A trajectória das partículas é discreta no tempo. Normalmente elege-se um passo de tempo suficientemente pequeno (p.ex. 1 femtosegundo) para evitar erros numéricos de discretización. Para a cada passo de tempo, integra-se a posição
e velocidade
com um método simpléctico como a integração de Verlet. Dadas as posições iniciais (p.ex. a estrutura de raios X de uma proteína) e as velocidades iniciais (p.ex. aleatórias e Gaussianas), é possível calcular todas as posições e velocidades no futuro.
A colectividad NVE é difícil de realizar experimentalmente. Por isso, geralmente se utiliza a colectividad NVT ou NPT nas simulações. No entanto, as simulações NVE são importantes para verificar que um campo de força combinado com um algorítmo de integração conserva a energia do sistema.

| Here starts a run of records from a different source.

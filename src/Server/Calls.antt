-- ===== src/Server/Calls.antt =====
-- src/http_server_impl.cpp: sequences of calls of the server's public methods.
use httpserver_cpp.Base.{◌≡◌, refl, sym, subst, ◌⊎◌, inl, inr, List, [], ◌∷◌, Option, Bytes, arith}
use httpserver_cpp.Base.Result.{Exception, Result, ok, throws, fault}
use httpserver_cpp.Router.{insert}
use httpserver_cpp.Router.Shape.{IsTree}
use httpserver_cpp.Router.Table.{registers, registers-IsTable}
use httpserver_cpp.Server.{HttpServerImpl, Network, run, stop, register_handler}
use httpserver_cpp.Server.Control.{running, run-Outcome}

pub data Call (Handler : Type 0) : Type 0 where
  run_call : Network → Call Handler
  stop_call : Call Handler
  register_call : Bytes → Option Handler → Call Handler

pub Result-cases {ℓ} :
    {A : Type ℓ} (r : Result A)
    → ((a : A) × (r ≡ ok a)) ⊎ (((e : Exception) × (r ≡ throws e)) ⊎ (r ≡ fault))
Result-cases (ok a) = inl (a, refl)
Result-cases (throws e) = inr (inl (e, refl))
Result-cases fault = inr (inr refl)

pub stop_keeps :
    {Handler : Type 0} (s : HttpServerImpl Handler)
    → ((stop s).http_statistics ≡ s.http_statistics)
      × ((stop s).opts ≡ s.opts)
      × ((stop s).router ≡ s.router)
unfolding stop
stop_keeps s = ground arith

module _ {Handler : Type 0} (segments_view : Bytes → Option (List Bytes)) where
  -- The server after a call.
  unfoldable pub call : Call Handler → HttpServerImpl Handler → HttpServerImpl Handler
  call (run_call net) s = (run net s).0
  call stop_call s = stop s
  call (register_call path handler) s = elim (register_handler segments_view path handler s) [
    | ok t ↦ t
    | throws e ↦ s
    | fault ↦ s
  ]

  unfoldable pub all_calls : List (Call Handler) → HttpServerImpl Handler → HttpServerImpl Handler
  all_calls [] s = s
  all_calls (c ∷ cs) s = all_calls cs (call c s)

  -- The routers of a server are trees.
  pub call-IsTree :
      (c : Call Handler) (s : HttpServerImpl Handler) → IsTree s.router → IsTree (call c s).router
  unfolding call register_handler registers running
  call-IsTree (run_call net) s t = elim (run-Outcome net s) [
    | inl (ready, e) ↦ rw (call, e, running) t
    | inr (u, x, e, r) ↦ rw (call, e) (subst IsTree (sym r.router_kept) t)
  ]
  call-IsTree stop_call s t = subst IsTree (sym (stop_keeps s).2) t
  call-IsTree (register_call path handler) s t =
      let table = (registers-IsTable segments_view ((path, handler) ∷ []) s.router t).tree in
      elim (Result-cases (insert segments_view path handler s.router)) [
        | inl (h, went) ↦ rw (call, went) (rw went at table)
        | inr (inl (e, thrown)) ↦ rw (call, thrown) t
        | inr (inr broken) ↦ rw (call, broken) t
      ]

  pub all_calls-IsTree :
      (cs : List (Call Handler)) (s : HttpServerImpl Handler)
      → IsTree s.router
      → IsTree (all_calls cs s).router
  unfolding all_calls
  all_calls-IsTree [] s t = t
  all_calls-IsTree (c ∷ cs) s t = all_calls-IsTree cs (call c s) (call-IsTree c s t)
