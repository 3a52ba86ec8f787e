-- ===== src/Server/HttpServer.antt =====
-- src/http_server.cpp and include/httpserver/detail/http_server.h: the public class of the server.
use httpserver_cpp.Base.{ℕ, List, [], ◌∷◌, Option, none, some, Bytes}
use httpserver_cpp.Base.Result.{Exception, Result, ok, throws, fault, ◌>>=◌}
use httpserver_cpp.Types.{HttpServerOptions, HttpStatistics}
use httpserver_cpp.Server
use httpserver_cpp.Server.{HttpServerImpl, Network, http_server_impl}
use httpserver_cpp.Server.Calls.{Call, run_call, stop_call, register_call}

-- `server_impl_`, a pointer that may be null. An `assert` of it that fails is a `fault`.
pub record HttpServer (Handler : Type 0) : Type 0 where
  pub server_impl : Option (HttpServerImpl Handler)

module _ {Handler : Type 0} where
  unfoldable pub http_server : HttpServerOptions → (last_id : ℕ) → HttpServer Handler
  http_server opts last_id = record { server_impl = some (http_server_impl opts last_id) }

  -- The server afterwards, and the exception that is thrown.
  unfoldable pub run : Network → HttpServer Handler → Result (HttpServer Handler × Option Exception)
  run net s = elim s.server_impl [
    | none ↦ fault
    | some impl ↦ let (t, e) = Server.run net impl in ok (record { server_impl = some t }, e)
  ]

  unfoldable pub stop : HttpServer Handler → Result (HttpServer Handler)
  stop s = elim s.server_impl [
    | none ↦ fault
    | some impl ↦ ok (record { server_impl = some (Server.stop impl) })
  ]

  unfoldable pub register_handler :
      (segments_view : Bytes → Option (List Bytes))
      → Bytes
      → Option Handler
      → HttpServer Handler
      → Result (HttpServer Handler)
  register_handler segments_view path handler s = elim s.server_impl [
    | none ↦ fault
    | some impl ↦ do
      t ← Server.register_handler segments_view path handler impl
      ok (record { server_impl = some t })
  ]

  unfoldable pub get_http_statistics : HttpServer Handler → Result HttpStatistics
  get_http_statistics s = elim s.server_impl [
    | none ↦ fault
    | some impl ↦ ok (Server.get_http_statistics impl)
  ]

  -- One call, where the caller catches the exceptions.
  unfoldable pub server_call :
      (segments_view : Bytes → Option (List Bytes))
      → Call Handler
      → HttpServer Handler
      → Result (HttpServer Handler)
  server_call segments_view (run_call net) s = do (t, e) ← run net s; ok t
  server_call segments_view stop_call s = stop s
  server_call segments_view (register_call path handler) s =
      elim (register_handler segments_view path handler s) [
        | ok t ↦ ok t
        | throws e ↦ ok s
        | fault ↦ fault
      ]

  unfoldable pub server_calls :
      (segments_view : Bytes → Option (List Bytes))
      → List (Call Handler)
      → HttpServer Handler
      → Result (HttpServer Handler)
  server_calls segments_view [] s = ok s
  server_calls segments_view (c ∷ cs) s = do
    t ← server_call segments_view c s
    server_calls segments_view cs t
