-- ===== src/Demo.antt =====
-- demo/main.cpp: a server with one handler, which tells what it was asked.
pub mod Hello
pub mod Replies
pub mod Decimal
mod Tests
use httpserver_cpp.Base.{
  ℕ, zero, suc, ◌+◌, ◌/◌, ◌%◌, ltb, if◌then◌else◌, List, [], ◌∷◌, ◌++◌, Option, none, some, Bytes,
  codes,
}
use httpserver_cpp.Base.Dict.{Dict}
use httpserver_cpp.Base.Result.{Exception, Result, ok, throws, fault, ◌>>=◌}
use httpserver_cpp.Types.{HttpServerOptions, default_options, ok_status, bad_request}
use httpserver_cpp.Request.{HttpRequest, method, body, params, headers}
use httpserver_cpp.Response.{HttpResponse, http_response}
use httpserver_cpp.Log.{info, Spdlog, Log, set_log_level}
use httpserver_cpp.Server.{Network}
use httpserver_cpp.Server.HttpServer
use httpserver_cpp.Server.HttpServer.{HttpServer}

-- `ss << n`: the decimal digits. Each of the rounds, of which `fuel` bounds the number, finds one.
unfoldable pub digits : (fuel : ℕ) → ℕ → Bytes → Bytes
digits zero n s = s
digits (suc fuel) n s =
    let rest = digits fuel (n / 10) ((b'0' + n % 10) ∷ s) in
    if ltb n 10 then (b'0' + n) ∷ s else rest

unfoldable pub decimal : ℕ → Bytes
unfolding digits
decimal n = digits (suc n) n []

-- `ss << text << value << std::endl`
unfoldable pub line : Bytes → Bytes → Bytes
line text value = text ++ value ++ b'\n' ∷ []

-- `for (p : m) ss << text << p.first << ":" << p.second << std::endl`
unfoldable pub lines : Bytes → Dict Bytes → Bytes
unfolding line
lines text [] = []
lines text ((name, value) ∷ m) = line text (name ++ b':' ∷ value) ++ lines text m

pub data HelloHandler : Type 0 where
  hello_handler : HelloHandler

-- The text that `HelloHandler::handle` makes.
unfoldable pub hello_body : HttpRequest → Bytes
unfolding decimal line lines
hello_body request =
    line (codes "receive method: ") (decimal (method request))
    ++ line (codes "receive body: ") (body request)
    ++ lines (codes "receive param: ") (params request)
    ++ lines (codes "receive header: ") (headers request)

-- `HelloHandler::handle`: it sends one response.
unfoldable pub hello : HelloHandler → HttpRequest → List HttpResponse
unfolding hello_body
hello hello_handler request = http_response ok_status (hello_body request) (codes "text/plain") ∷ []

abbrev pub server_opts : HttpServerOptions
server_opts = record default_options { thread_num = 8 }

-- The server of `main` when `run` returns or is left to its handlers, with the exception that it
-- throws.
unfoldable pub serve :
    (segments_view : Bytes → Option (List Bytes)) (last_id : ℕ)
    → Network
    → Result (HttpServer HelloHandler × Option Exception)
serve segments_view last_id net = do
  server ←
      HttpServer.register_handler segments_view (codes "/hello") (some hello_handler)
        (HttpServer.http_server server_opts last_id)
  HttpServer.run net server

-- `main`: the log, and the server.
unfoldable pub main :
    (L : Spdlog) (segments_view : Bytes → Option (List Bytes)) (last_id : ℕ)
    → Network
    → Log L.Logger
    → Log L.Logger × Result (HttpServer HelloHandler × Option Exception)
unfolding serve
main L segments_view last_id net log = (set_log_level L info log, serve segments_view last_id net)
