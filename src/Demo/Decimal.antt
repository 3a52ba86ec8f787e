-- ===== src/Demo/Decimal.antt =====
-- demo/main.cpp: the decimal digits of a number.
use httpserver_cpp.Base.{
  ℕ, zero, suc, ◌+◌, ◌*◌, ◌-◌, ◌/◌, ◌%◌, ◌<◌, ◌≤◌, ◌≡◌, ap, ◌∙◌, [], ◌∷◌, Bytes, Bool-cases, inl,
  inr, ltb, All, arith,
}
use httpserver_cpp.Demo.{digits, decimal}

-- The number that the digits stand for, after a number `n`.
abbrev pub value : ℕ → Bytes → ℕ
value n [] = n
value n (c ∷ s) = value (n * 10 + (c - b'0')) s

abbrev pub IsDigit : ℕ → Type 0
IsDigit c = (b'0' ≤ c) × (c ≤ b'9')

digits_lem :
    (fuel n : ℕ) (s : Bytes)
    → n < fuel
    → All IsDigit s
    → (value 0 (digits fuel n s) ≡ value n s) × All IsDigit (digits fuel n s)
unfolding digits
digits_lem zero n s enough all = absurd (omega arith)
digits_lem (suc fuel) n s enough all = elim (Bool-cases (ltb n 10)) [
  | inl small ↦
      let below : n < 10 = ground arith in
      rw small (ap (λ k. value k s) (omega arith), (omega arith, all))
  | inr large ↦
      let above : 10 ≤ n = ground arith in
      let (same, each) =
        digits_lem fuel (n / 10) ((b'0' + n % 10) ∷ s) (omega arith) (omega arith, all) in
      rw large (same ∙ ap (λ k. value k s) (omega arith), each)
]

-- The fuel is enough: the digits are those of the number.
pub value-decimal : (n : ℕ) → (value 0 (decimal n) ≡ n) × All IsDigit (decimal n)
unfolding decimal
value-decimal n = digits_lem (suc n) n [] (omega arith) tt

Na colectividad canónica, o volume não se altera (V) e não se troca massa (N). A temperatura (T) mantém-se ao redor da média desejada. A temperatura instantânea do sistema não é constante, senão só sua média. Na colectividad NVT, a energia dos processos endotérmicos e exotérmicos (transições conformacionales entre estados com diferentes energias potenciais) é trocada com um termostato.
Existe uma grande variedade de termostatos para acrescentar ou remover energia para manter a temperatura média constante. Incluem a reescalación de velocidades, dinâmica Langevin, termostato Nosé-Hoover e o termostato Berendsen. Não é fácil obter uma distribuição de microestados correspondente à colectividad canónica, já que isso depende do tamanho do sistema, selecção do termostato, parámetros do termostato, passo de tempo e integrador utilizados.
Na actualidade existem vários programas capazes de levar a cabo as simulações de DM, e a sua vez existem vários campos de força, que em general podem se utilizar com diversos programas. CHARMM, AMBER, NAMD e GROMACS são alguns dos pacotes mais populares.